The Traditional Cornish Pasty.

A traditional Cornish Pasty dates back to the 13th century and unsurprisingly is the source of much discussion. When I say discussion I mean argument!

However to call this dish famous in the UK would be an understatement. Any foodstuff name-checked in classics like the Robin Hood Chronicles, the Canterbury Tales and no less than three works of Shakespeare is no shrinking violet.

In short, the humble Cornish pasty is nothing more than a ‘hand pie’ as I see them called on the web. The filling is with four very good things and some salt and pepper.

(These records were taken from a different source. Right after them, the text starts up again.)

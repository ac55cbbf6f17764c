-- ===== src/Sched/Cycle.antt =====
-- A cycle runs every posted unit of work once, in the order of the slots.
use samos.Base.{
  ℕ, ◌+◌, ◌<◌, ◌≡◌, refl, sym, ◌∙◌, ap, ap₂, arith, true, false, not, ◌==◌, if◌then◌else◌, ne→==,
  Bool-cases, inl, inr, List, [], ◌∷◌, ◌++◌, length, length-append, get_or, set, u32,
}
use mathlib.Core.List.{append_assoc}
use samos.Sched.{
  Slot, Scheduler, idle_slot, run_quantum, tick_loop, sam_sched_tick, submit_loop, sam_sched_submit,
}

-- A slot after its cycle.
abbrev pub served : Slot → Slot
served s =
    if s.runnable then record s { runnable = false; quanta_run = u32 (s.quanta_run + 1) } else s

abbrev pub all_served : List Slot → List Slot
all_served [] = []
all_served (s ∷ ss) = served s ∷ all_served ss

abbrev pub runnable_count : List Slot → ℕ
runnable_count [] = 0
runnable_count (s ∷ ss) = if Slot.runnable s then 1 + runnable_count ss else runnable_count ss

get_or-middle : (xs ys : List Slot) (s d : Slot) → get_or (xs ++ (s ∷ ys)) (length xs) d ≡ s
get_or-middle [] ys s d = refl
get_or-middle (x ∷ xs) ys s d = get_or-middle xs ys s d

set-middle : (xs ys : List Slot) (s t : Slot) → set (xs ++ (s ∷ ys)) (length xs) t ≡ xs ++ (t ∷ ys)
set-middle [] ys s t = refl
set-middle (x ∷ xs) ys s t = ap (λ l. x ∷ l) (set-middle xs ys s t)

-- The effect of the work alone: each posted unit with a function, in order.
module _ {W : Type 0} (effect : ℕ → ℕ → W → W) where
  abbrev pub work_in_order : List Slot → W → W
  work_in_order [] w = w
  work_in_order (s ∷ ss) w = work_in_order ss (
      if Slot.runnable s
      then (if Slot.work s == 0 then w else effect (Slot.work s) (Slot.ctx s) w)
      else w)

  -- Work that leaves the scheduler alone.
  abbrev pub plain_call : ℕ → ℕ → Scheduler × W → Scheduler × W
  plain_call f c st = (st.0, effect f c st.1)

  run_quantum-eq :
      (pre post : List Slot) (s : Slot) (sched : Scheduler) (w : W)
      → s.runnable ≡ true
      → run_quantum plain_call (record sched { slots = pre ++ (s ∷ post) }, w) (length pre) ≡ (
        record sched { slots = pre ++ (served s ∷ post) },
        if s.work == 0 then w else effect s.work s.ctx w,
      )
  unfolding run_quantum
  run_quantum-eq pre post s sched w r =
      let c : Slot = record s { runnable = false } in
      let d : Slot = record c { quanta_run = u32 (s.quanta_run + 1) } in
      elim (Bool-cases (s.work == 0)) [
        | inl z ↦
            rw
              (
                get_or-middle pre post s (idle_slot 0 []),
                set-middle pre post s c,
                get_or-middle pre post c (idle_slot 0 []),
                z,
                r,
                get_or-middle pre post c (idle_slot 0 []),
                set-middle pre post c d,
              )
              refl
        | inr z ↦
            rw
              (
                get_or-middle pre post s (idle_slot 0 []),
                set-middle pre post s c,
                get_or-middle pre post c (idle_slot 0 []),
                z,
                r,
                get_or-middle pre post c (idle_slot 0 []),
                set-middle pre post c d,
              )
              refl
      ]

  -- The loop at the slot behind `pre`, once that slot has become `t`.
  next_slot :
      (pre post : List Slot) (t : Slot) (sched : Scheduler) (w w' : W) (n ran ran' : ℕ)
      → tick_loop plain_call
          (record sched { slots = (pre ++ (t ∷ [])) ++ post }, w)
          (length (pre ++ (t ∷ [])))
          n
          ran
        ≡ ((record sched { slots = (pre ++ (t ∷ [])) ++ all_served post }, w'), ran')
      → tick_loop plain_call (record sched { slots = pre ++ (t ∷ post) }, w) (length pre + 1) n ran
        ≡ ((record sched { slots = pre ++ (t ∷ all_served post) }, w'), ran')
  next_slot pre post t sched w w' n ran ran' h =
      ap₂ (λ l i. tick_loop plain_call (record sched { slots = l }, w) i n ran)
        (sym (append_assoc pre (t ∷ []) post)) (sym (length-append pre (t ∷ [])))
      ∙ h
      ∙ ap (λ l. ((record sched { slots = l }, w'), ran'))
          (append_assoc pre (t ∷ []) (all_served post))

  tick_loop-served :
      (pre post : List Slot) (sched : Scheduler) (w : W) (ran : ℕ)
      → tick_loop plain_call
          (record sched { slots = pre ++ post }, w)
          (length pre)
          (length post)
          ran
        ≡ (
          (record sched { slots = pre ++ all_served post }, work_in_order post w),
          ran + runnable_count post,
        )
  unfolding tick_loop
  tick_loop-served pre [] sched w ran =
      ap (λ n. ((record sched { slots = pre ++ [] }, w), n)) (omega arith)
  tick_loop-served pre (s ∷ post) sched w ran = elim (Bool-cases s.runnable) [
    | inl r ↦
        ap (λ b. if not b then skipped else ran_one)
          (ap Slot.runnable (get_or-middle pre post s (idle_slot 0 [])) ∙ r)
        ∙ ap (λ st. tick_loop plain_call st (length pre + 1) (length post) (ran + 1))
            (run_quantum-eq pre post s sched w r)
        ∙ next_slot pre post (served s) sched w1 (work_in_order post w1) (length post) (ran + 1)
            (ran + 1 + runnable_count post)
            (tick_loop-served (pre ++ (served s ∷ [])) post sched w1 (ran + 1))
        ∙ ap₂ (λ x n. ((record sched { slots = pre ++ (served s ∷ all_served post) }, x), n))
            (ap (λ b. work_in_order post (if b then w1 else w)) (sym r)) (rw r (omega arith))
    | inr r ↦
        ap (λ b. if not b then skipped else ran_one)
          (ap Slot.runnable (get_or-middle pre post s (idle_slot 0 [])) ∙ r)
        ∙ next_slot pre post s sched w (work_in_order post w) (length post) ran
            (ran + runnable_count post) (tick_loop-served (pre ++ (s ∷ [])) post sched w ran)
        ∙ ap
            (λ b. (
              (
                record sched { slots = pre ++ ((if b then done else s) ∷ all_served post) },
                work_in_order post (if b then w1 else w),
              ),
              ran + (if b then 1 + runnable_count post else runnable_count post),
            ))
            (sym r)
  ]
    where
      here : Scheduler
      here = record sched { slots = pre ++ (s ∷ post) }

      done : Slot
      done = record s { runnable = false; quanta_run = u32 (s.quanta_run + 1) }

      w1 : W
      w1 = if s.work == 0 then w else effect s.work s.ctx w

      skipped : (Scheduler × W) × ℕ
      skipped = tick_loop plain_call (here, w) (length pre + 1) (length post) ran

      ran_one : (Scheduler × W) × ℕ
      ran_one =
          tick_loop plain_call (run_quantum plain_call (here, w) (length pre)) (length pre + 1)
            (length post) (ran + 1)

  -- A cycle, with work that leaves the scheduler alone: each posted unit runs exactly once, in the
  -- order of the slots, and nothing else runs; afterwards no slot is runnable, the count of quanta
  -- of each slot that ran is one higher, the cycle is counted, and the number of units is returned.
  pub sam_sched_tick-served :
      (sched : Scheduler) (w : W)
      → sam_sched_tick plain_call (sched, w) ≡ (
        (
          record sched { slots = all_served sched.slots; cycles = u32 (sched.cycles + 1) },
          work_in_order sched.slots w,
        ),
        runnable_count sched.slots,
      )
  unfolding sam_sched_tick
  sam_sched_tick-served sched w =
      ap
        (λ (r : (Scheduler × W) × ℕ).
          ((record r.0.0 { cycles = u32 (r.0.0.cycles + 1) }, r.0.1), r.1))
        (tick_loop-served [] sched.slots sched w 0)
      ∙ ap
          (λ n. (
            (
              record sched { slots = all_served sched.slots; cycles = u32 (sched.cycles + 1) },
              work_in_order sched.slots w,
            ),
            n,
          ))
          (omega arith)

  work_in_order-idle : (ss : List Slot) (w : W) → runnable_count ss ≡ 0 → work_in_order ss w ≡ w
  work_in_order-idle [] w h = refl
  work_in_order-idle (s ∷ ss) w h =
      let idle : s.runnable ≡ false = ground arith in
      rw idle (work_in_order-idle ss w (ground arith))

  submit_loop-only :
      (ss : List Slot) (id f c : ℕ) (w : W)
      → runnable_count ss ≡ 0
      → 0 < f
      → (submit_loop ss id f c).1 ≡ true
      → (runnable_count (submit_loop ss id f c).0 ≡ 1)
        × (work_in_order (submit_loop ss id f c).0 w ≡ effect f c w)
  unfolding submit_loop
  submit_loop-only [] id f c w h p e = absurd (ground arith)
  submit_loop-only (s ∷ ss) id f c w h p e =
      let idle : s.runnable ≡ false = ground arith in
      let left : runnable_count ss ≡ 0 = ground arith in
      elim (Bool-cases (s.id == id)) [
        | inl here ↦
            rw (here, ne→== f 0 (omega arith))
              (omega (arith, left), work_in_order-idle ss (effect f c w) left)
        | inr other ↦
            let found : (submit_loop ss id f c).1 ≡ true = rw other at e in
            rw (other, idle) (submit_loop-only ss id f c w left p found)
      ]

  -- A unit posted while nothing else is posted is what the next cycle runs, once and with its
  -- context, whatever domain it was posted to; the domain is known and the function not null.
  pub submit-tick :
      (sched : Scheduler) (id f c : ℕ) (w : W)
      → runnable_count sched.slots ≡ 0
      → 0 < f
      → (sam_sched_submit sched id f c).1 ≡ true
      → let r = sam_sched_tick plain_call ((sam_sched_submit sched id f c).0, w) in
        (r.1 ≡ 1) × (r.0.1 ≡ effect f c w)
  unfolding sam_sched_submit
  submit-tick sched id f c w h p e =
      let served_so = sam_sched_tick-served (sam_sched_submit sched id f c).0 w in
      let only = submit_loop-only sched.slots id f c w h p e in
      (
        ap (λ (r : (Scheduler × W) × ℕ). r.1) served_so ∙ only.0,
        ap (λ (r : (Scheduler × W) × ℕ). r.0.1) served_so ∙ only.1,
      )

Those four things are Potato, Onion, Swede (rutabaga elsewhere) and finally beef. It is then seasoned and wrapped in a pastry.

Afterward, it is baked in a slow oven to allow the flavours and juices to play. They are delicious straight from the oven but even better at room temperature if you ask me.

A traditional Cornish Pasty dates back to the 13th century and is wrapped in all sorts of rumour and mystery, this version is as trad as it gets and it is unbelievable how much flavour you can get from such simple ingredients.

Pastry is important…

I have a few pies here on Krumpli. I usually advocate using store bought puff pastry for both my beef and ale pie and my chicken and mushroom pie.

Without reservation I recommend making your own pastry for a Cornish pasty. It is simple an all you have to do is work cold and use a food processor.

The most important aspect of the pastry is to lock in both the ingredients but also the steam and juices. That is the key to the flavour!

If you liked this recipe, you should like this one too!  Cottage Pie: Right Back To My Childhood

As a result of this a shortcrust pastry is perfect. Mixing half butter and lard as the fat content really maximises this function.

Traditionally food of Cornish ‘miners’, if rumour is to be believed. The crimped crust serves as a hand hold and was discarded, because, well mucky hands of course.

By all means feel free to do this but I would advise you to have your head checked. The crust is the best bit!

I’ll leave you with one final bit of pasty trivia. A pasty crimped by a left handed person is called a cock pasty and a pasty crimped by a right handed pasty is a hen pasty, because… Well because nobody knows but do some digging and you will find plenty of folklore! In fact here is a good place to start!

It is hard to believe how much flavour you can get from so few ingredients but believe it you should!

A traditional Cornish Pasty dates back to the 13th century and is wrapped in all sorts of rumour and mystery, this version is as trad as it gets and it is unbelievable how much flavour you can get from such simple ingredients.
5 from 5 votes
A traditional Cornish Pasty dates back to the 13th century and is wrapped in all sorts of rumour and mystery, this version is as trad as it gets and it is unbelievable how much flavour you can get from such simple ingredients.
Traditional Cornish Pasty
Prep Time
15 mins
Cook Time
55 mins
Resting Time
3 hrs
Total Time
1 hr 10 mins
 
Course: Main Course
Cuisine: British
Servings: 4
Calories: 588 kcal
Author: Brian Jones
Ingredients
For the pastry:
  • 250 g Flour
  • 60 g Lard Shortning in the US.
  • 60 g Butter
  • 85 ml Cold Water
  • 1/2 Tsp Salt
For the Filling:
  • 250 g Beef I use sirloin, cut into strips.
  • 125 g Potato
  • 75 g Swede 5mm dice.
  • 50 g Onion Sliced.
  • 1 Tsp Salt
  • 1/2 Tsp Pepper
  • 1 Egg For glazing the pie.
Instructions
  1. Add the flour, salt, lard and butter to a food mixer and bring together.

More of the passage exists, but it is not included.